Here, A and C will run under session 1, and will see one environment and B and D will run in the session 2 - and see another environment.

Once we have defined the nodes and compiled the graph, we can finally run the command to get value of a particular node in the graph. When we do so, TensorFlow looks back to check all the nodes that are required for this requested node. Only those nodes are evaluated in the appropriate order. Thus, a node in the graph is evaluated only when needed; only if it is needed.

This has a great impact on the processing speed and is a major advantage of TensorFlow.

TensorFlow Code Example

To understand TensorFlow it is very important to understand the core concepts of Constants, Variables, Placeholders and Sessions. Let us now work out an example that can display all of these concepts at once.

  • Ofcourse, we start by importing the TensorFlow module
import tensorflow as tf

Now, let us define a few Tensors. Here, t1 and t2 are constants, t3 is a placeholder and t4 is a variable.

t1 = tf.ones([4,5])
t2 = tf.random_uniform([5,4], maxval = 4.0, seed = 2)
t3 = tf.placeholder(tf.float32)
t4 = tf.get_variable("t4", [4,4], initializer = tf.ones_initializer)

Here, we define t1 as a Constant Tensor of size 4x5, with all the values set to 1. t2 is a Constant Tensor of size 5x4, with random values.

t3 is a placeholder with 0 dimensions - a single number with float32.

Along with this, we define a variable t4 of shape 4x4. The initializer is set to ones_initializer. That means, whenever we initialize the variable, its values will be set to 1. Note that this will happen only when we initialize the variable - not now.
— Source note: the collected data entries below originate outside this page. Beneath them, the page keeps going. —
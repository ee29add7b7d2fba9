-- ===== src/Tests.antt =====
-- Concrete inputs at which the theorems apply.
mod Samples
mod Agent
mod Ingest
mod Output
mod Evals
mod Servers
mod Service
mod Orchestrator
  • Next, we can define the Tensor expression
exp = tf.assign(t4, tf.matmul(t1,t2) * t3 + t4)

This code takes a dot product of t1 and t2, multiplies it with the scalar t3 and then adds it to t4. The outcome of this is then assigned to t4. Thus, the value of t4 changes on every execution of this expression. Note that t3 is a placeholder, so we will have to provide the value of t3 when we want to process this expression.

Again, this code only defines the expression. It is not executed right away.

  • With everything in place, we can now get the session and start working with the Tensors
with tf.Session() as sess:
    print("Initialized variables\n----------------------------------------------")
    print(t4.eval()), feed_dict = {t3:1})
    print("\nAfter First Run\n--------------------------------------------------")
    print(t4.eval()), feed_dict = {t3:1})
    print("\nAfter Second Run\n-------------------------------------------------")
    print(t4.eval()), feed_dict = {t3:1})
    print("\nAfter Third Run\n--------------------------------------------------")

Here, we actually run the code. We start with initiating the session. We have to initialize the variables. So far, t4 was just declared, not initialized. Here, we actually initialize it. The initialize code is executed. In this case, it happens to be "tf.ones_initializer". So, t4 starts as a 4x4 Tensor with all values set to 1.

Next, we run the expression along with the feed_dict. Remember that the expression has a placeholder t3. It will not evaluate unless we give it a value for t3. This value is passed through feed_dict. Each run updates t4 and assigns a new value to it.

The above code generates this output:

Initialized variables
    [[1. 1. 1. 1.]
    [1. 1. 1. 1.]
    [1. 1. 1. 1.]
    [1. 1. 1. 1.]]

After First Run
    [[11.483105 10.39291  11.380319  9.601738]
    [11.483105 10.39291  11.380319  9.601738]
    [11.483105 10.39291  11.380319  9.601738]
    [11.483105 10.39291  11.380319  9.601738]]

After Second Run
    [[20.483215 16.11417  19.363663 15.015686]
    [20.483215 16.11417  19.363663 15.015686]
    [20.483215 16.11417  19.363663 15.015686]
    [20.483215 16.11417  19.363663 15.015686]]

After Third Run
    [[32.022038 26.227888 28.65984  23.72137 ]
    [32.022038 26.227888 28.65984  23.72137 ]
    [32.022038 26.227888 28.65984  23.72137 ]
    [32.022038 26.227888 28.65984  23.72137 ]]

One can evaluate the expression three times to assert the output is same as we expected.